Abendmahl in der Messe, na klar, gehört absolut dazu, und ich bin bis jetzt immer nach vorne gegangen.

Auch wenn ich nicht katholisch, sondern evangelisch getauft bin.

Was macht den Unterschied?

Und zum Schluss wird doch wahrhaftig das Botufumeiro geschwungen, ein großer Weihrauchkessel.

Was für ein Glück.
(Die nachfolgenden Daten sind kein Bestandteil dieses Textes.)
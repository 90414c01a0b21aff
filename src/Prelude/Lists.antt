-- ===== src/Prelude/Lists.antt =====
-- Lists measured by native numbers, and the list operations of JavaScript that the source uses.
use Prim.Native.Nat.{ℕ, suc, ◌+◌, ◌≤◌}
use mathlib.Core.Path.{◌≡◌, refl, sym, ap, ◌∙◌}
use mathlib.Core.Logic.{inl, inr}
use mathlib.Core.Bool.{Bool, true, false, ◌||◌}
use mathlib.Core.List.{List, [], ◌∷◌, ◌++◌}
use native.Mathlib.Omega.{arith}
use meet_millions_finance.Prelude.Tests.{Eq, Bool-cases, if◌then◌else◌}

module _ {ℓ} {A : Type ℓ} where
  abbrev pub length : List A → ℕ
  length [] = 0
  length (x ∷ xs) = suc (length xs)

  -- `Array.prototype.filter` on a Boolean test.
  abbrev pub filter : (A → Bool) → List A → List A
  filter p [] = []
  filter p (x ∷ xs) = let rest = filter p xs in if p x then x ∷ rest else rest

  -- `Array.prototype.some`.
  abbrev pub any : (A → Bool) → List A → Bool
  any p [] = false
  any p (x ∷ xs) = p x || any p xs

  -- Every element satisfies `P`.
  abbrev pub All {κ} : (A → Type κ) → List A → Type κ
  All P [] = Unit
  All P (x ∷ xs) = P x × All P xs

  pub length-append : (xs ys : List A) → length (xs ++ ys) ≡ length xs + length ys
  length-append [] ys = omega arith
  length-append (x ∷ xs) ys = omega (arith, length-append xs ys)

  pub length-filter : (p : A → Bool) (xs : List A) → length (filter p xs) ≤ length xs
  length-filter p [] = omega arith
  length-filter p (x ∷ xs) = ground (arith, length-filter p xs)

module _ {ℓ} {A : Type ℓ} ⦃e : Eq A⦄ where
  -- `Array.prototype.includes`.
  abbrev pub contains : A → List A → Bool
  contains a [] = false
  contains a (x ∷ xs) = e.beq a x || contains a xs

  pub contains-append :
      (x : A) (xs ys : List A) → contains x (xs ++ ys) ≡ (contains x xs || contains x ys)
  contains-append x [] ys = refl
  contains-append x (z ∷ xs) ys = ground (arith, contains-append x xs ys)

  pub contains-filter :
      (x : A) (p : A → Bool) (xs : List A)
      → contains x (filter p xs) ≡ true
      → (contains x xs ≡ true) × (p x ≡ true)
  contains-filter x p [] h = cc
  contains-filter x p (z ∷ xs) h = elim (Bool-cases (p z)) [
    | inl here ↦ elim (Bool-cases (e.beq x z)) [
      | inl same ↦ (rw same refl, ap p ((e.beq_iff x z).0 same) ∙ here)
      | inr other ↦
          let rest : contains x (filter p xs) ≡ true = rw (here, other) at h in
          let deep = contains-filter x p xs rest in (rw (other, deep.0) refl, deep.1)
    ]
    | inr there ↦
        let rest : contains x (filter p xs) ≡ true = rw there at h in
        let deep = contains-filter x p xs rest in (ground (arith, deep.0), deep.1)
  ]

  pub filter-contains :
      (x : A) (p : A → Bool) (xs : List A)
      → contains x xs ≡ true
      → p x ≡ true
      → contains x (filter p xs) ≡ true
  filter-contains x p [] h k = cc
  filter-contains x p (z ∷ xs) h k = elim (Bool-cases (e.beq x z)) [
    | inl same ↦
        let here : p z ≡ true = sym (ap p ((e.beq_iff x z).0 same)) ∙ k in rw (here, same) refl
    | inr other ↦
        let rest : contains x xs ≡ true = rw other at h in
        let deep = filter-contains x p xs rest k in
        elim (Bool-cases (p z)) [
          | inl here ↦ rw (here, other, deep) refl
          | inr there ↦ rw there deep
        ]
  ]

-- The sum of a number per element, added from the right.
abbrev pub sum_by {ℓ} : {A : Type ℓ} → (A → ℕ) → List A → ℕ
sum_by f [] = 0
sum_by f (x ∷ xs) = f x + sum_by f xs

pub sum_by-append {ℓ} :
    {A : Type ℓ} (f : A → ℕ) (xs ys : List A) → sum_by f (xs ++ ys) ≡ sum_by f xs + sum_by f ys
sum_by-append f [] ys = omega arith
sum_by-append f (x ∷ xs) ys = omega (arith, sum_by-append f xs ys)

-- A property that follows from another holds of every element where the other does.
pub All-imp {ℓ κ μ} :
    {A : Type ℓ} (P : A → Type κ) (Q : A → Type μ) (xs : List A)
    → ((x : A) → P x → Q x)
    → All P xs
    → All Q xs
All-imp P Q [] f h = tt
All-imp P Q (x ∷ xs) f h = (f x h.0, All-imp P Q xs f h.1)

pub All-and {ℓ κ μ} :
    {A : Type ℓ} (P : A → Type κ) (Q : A → Type μ) (xs : List A)
    → All P xs
    → All Q xs
    → All (λ x. P x × Q x) xs
All-and P Q [] h k = tt
All-and P Q (x ∷ xs) h k = ((h.0, k.0), All-and P Q xs h.1 k.1)

pub All-append {ℓ κ} :
    {A : Type ℓ} (P : A → Type κ) (xs ys : List A) → All P xs → All P ys → All P (xs ++ ys)
All-append P [] ys h k = k
All-append P (x ∷ xs) ys h k = (h.0, All-append P xs ys h.1 k)
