-- ===== src/Money.antt =====
-- Money in integer paise (src/utils/money.js).
use meet_millions_finance.Prelude.{
  ℕ, zero, suc, ◌+◌, ◌-◌, ◌*◌, ◌/◌, ◌%◌, ◌≤◌, ◌<◌, ◌≡◌, refl, List, [], ◌∷◌, arith, ltb,
  if◌then◌else◌, sum_by, length, All, ap, ◌∙◌, foldl,
}
pub mod Rounding
pub mod Split

-- One percent, in the unit of a rate: a rate is a number of thousandths of a percent, so that 0.25%
-- and its half are whole numbers.
abbrev pub rate_unit : ℕ
rate_unit = 1000

-- `Math.round(n / d)` at a non-negative quotient: half rounds up.
unfoldable pub round_div : ℕ → ℕ → ℕ
round_div n d = (2 * n + d) / (2 * d)

-- `pctOfPaise`: `base * rate / 100`, rounded half up. The product is exact: for a rate that a double
-- does not hold, such as 2.3%, the source may get a product just below a half and round it down.
unfoldable pub pct_of_paise : ℕ → ℕ → ℕ
unfolding round_div
pct_of_paise paise pct = round_div (paise * pct) 100000

-- The loop of `sumPaise`.
abbrev add_paise : ℕ → ℕ → ℕ
add_paise total v = total + v

pub sum_paise : List ℕ → ℕ
sum_paise = foldl add_paise 0

-- `Array.from({ length: parts }, (_, i) => base + (i < remainder ? 1 : 0))`, from index `i` on.
unfoldable pub split_from : ℕ → ℕ → ℕ → ℕ → List ℕ
split_from base remainder i zero = []
split_from base remainder i (suc k) =
    (base + (if ltb i remainder then 1 else 0)) ∷ split_from base remainder (suc i) k

-- `splitPaise`.
unfoldable pub split_paise : ℕ → ℕ → List ℕ
unfolding split_from
split_paise total parts = let base = total / parts in split_from base (total - base * parts) 0 parts
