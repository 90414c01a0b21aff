-- ===== src/Tax/Gst.antt =====
-- Tax on one GST line (`isInterState`, `computeGstLine` of src/services/tax-engine.js). Amounts are
-- paise; a rate is a number of thousandths of a percent. A state code is its list of code points.
use meet_millions_finance.Prelude.{
  ltb, leb, ◌==◌, if◌then◌else◌, ltb→lt, leb→le, ==_iff, ==_refl, Bool-cases, Option-cases, or_else,
  is_some, Eq, nat_eq, beq_of, beq_of_iff, length, filter, any, All, length-append, length-filter,
  contains, sum_by, sum_by-append, ℕ, zero, suc, ◌+◌, ◌-◌, ◌*◌, ◌/◌, ◌%◌, ◌^◌, ◌≤◌, ◌<◌, max, min,
  String, ◌≡◌, refl, sym, ap, ◌∙◌, ◌≢◌, ◌↔◌, ◌⊎◌, inl, inr, Bool, true, false, not, ◌&&◌, ◌||◌,
  Option, none, some, List, [], ◌∷◌, ◌++◌, map, foldl, arith,
}
use meet_millions_finance.Money.{round_div, pct_of_paise}
pub mod Line
pub mod Place

pub data SupplyType : Type 0 where
  intra inter export sez exempt nil non_gst rcm : SupplyType

pub SupplyType-discrete : Discrete SupplyType
SupplyType-discrete = hlevel

-- The set `ZERO_TAX_SUPPLY`.
abbrev pub is_zero_tax_supply : SupplyType → Bool
is_zero_tax_supply exempt = true
is_zero_tax_supply nil = true
is_zero_tax_supply non_gst = true
is_zero_tax_supply _ = false

abbrev pub Code : Type 0
Code = List ℕ

-- `s.padStart(n, c)` for a one-character `c`.
abbrev pub pad_start : ℕ → ℕ → Code → Code
pad_start n c s = pad (n - length s) s
  where
    pad : ℕ → Code → Code
    pad zero r = r
    pad (suc k) r = c ∷ pad k r

abbrev pub code_eq : Code → Code → Bool
code_eq [] [] = true
code_eq (a ∷ r) (b ∷ s) = a == b && code_eq r s
code_eq _ _ = false

-- A code that is null or empty is false in a test.
abbrev pub is_blank : Option Code → Bool
is_blank (some (c ∷ s)) = false
is_blank _ = true

-- The last line of `isInterState`, where both codes are present.
abbrev pub codes_differ : Option Code → Option Code → Bool
codes_differ (some s) (some p) = not (code_eq (pad_start 2 b'0' s) (pad_start 2 b'0' p))
codes_differ _ _ = false

unfoldable pub is_inter_state : Option Code → Option Code → SupplyType → Bool
is_inter_state supplier place export = true
is_inter_state supplier place sez = true
is_inter_state supplier place inter = true
is_inter_state supplier place intra = false
is_inter_state supplier place _ =
    if is_blank supplier || is_blank place then false else codes_differ supplier place

pub record GstTax : Type 0 where
  pub cgst_paise : ℕ
  pub sgst_paise : ℕ
  pub igst_paise : ℕ
  pub cess_paise : ℕ
  pub total_tax_paise : ℕ
  pub invoice_total_paise : ℕ

-- `pctOfPaise(taxable, ratePct / 2)`: the half of a rate is exact in binary floating point.
unfoldable pub pct_of_half_rate : ℕ → ℕ → ℕ
unfolding round_div
pct_of_half_rate paise pct = round_div (paise * pct) 200000

-- `cessPct ? pctOfPaise(taxable, cessPct) : 0`.
unfoldable pub cess_on : ℕ → ℕ → ℕ
unfolding pct_of_paise
cess_on taxable cess_pct = if cess_pct == 0 then 0 else pct_of_paise taxable cess_pct

-- The early return: no tax, or the cess alone where only the rate is nil.
abbrev pub untaxed_line : ℕ → ℕ → SupplyType → GstTax
untaxed_line taxable cess_pct supply_type =
    let zero_tax = if is_zero_tax_supply supply_type then 0 else cess_on taxable cess_pct in
    record {
      cgst_paise = 0;
      sgst_paise = 0;
      igst_paise = 0;
      cess_paise = zero_tax;
      total_tax_paise = zero_tax;
      invoice_total_paise = taxable + zero_tax;
    }

abbrev pub taxed_line : ℕ → ℕ → ℕ → Bool → GstTax
taxed_line taxable rate_pct cess_pct inter_state =
    let cess = cess_on taxable cess_pct in
    let cgst = if inter_state then 0 else pct_of_half_rate taxable rate_pct in
    let sgst = if inter_state then 0 else pct_of_paise taxable rate_pct - cgst in
    let igst = if inter_state then pct_of_paise taxable rate_pct else 0 in
    let total_tax = cgst + sgst + igst + cess in
    record {
      cgst_paise = cgst;
      sgst_paise = sgst;
      igst_paise = igst;
      cess_paise = cess;
      total_tax_paise = total_tax;
      invoice_total_paise = taxable + total_tax;
    }

unfoldable pub compute_gst_line : ℕ → ℕ → ℕ → Bool → SupplyType → GstTax
compute_gst_line taxable rate_pct cess_pct inter_state supply_type =
    if is_zero_tax_supply supply_type || rate_pct == 0
    then untaxed_line taxable cess_pct supply_type
    else taxed_line taxable rate_pct cess_pct inter_state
Und das haben sich all die Pilger verdient .

Es ist wie immer ein Spektakel.

Das schon im ersten Gottesdienst.

Gesund und munter angekommen, kein Regen auf dem Weg und beim Einzug in Santiago, Pilgergottesdienst mit Abendmahl und Botufumeiro, ich bitte euch, was will ich mehr.

Mehr geht nicht!

Zum Schluss bin ich noch in der Gruft an den Gebeinen des heiligen Jacobus vorbei gegangen, hab über dem Altar seine Büste umarmt, und mich bedankt für die Begleitung auf dem Weg hierher.

Ab jetzt bin ich als Tourist unterwegs….

281 km Pilgerschaft auf dem Camino português da costa.

Eine sehr gute Entscheidung. landschaftlich sehenswert, ich habe interessante Menschen kennengelernt, im Atlantik gebadet, Pulpo gegessen.

Ein Highlight waren die Bootsfahrten.

Eine tolle Zeit.

Morgen treffe ich unsere belgischen Pilgerfreunde Malou und Jean hier in Santiago.

Und dann hoffentlich auch in den nächsten Tagen, nach etlichen Jahren, Margitta und Werner aus Österreich.

Alle zur gleichen Zeit auf den Caminos.

Wie sich das alles manchmal fügt.

Am Freitag geht es für mich mit dem Bus bis Sonntag nach Fisterra, an das Cap Finistere, und nächste Woche noch nach Muxia.

Schlussendlich am 08.05. von Porto wieder nach Hause.

Jetzt heißt es erst einmal Santiago genießen.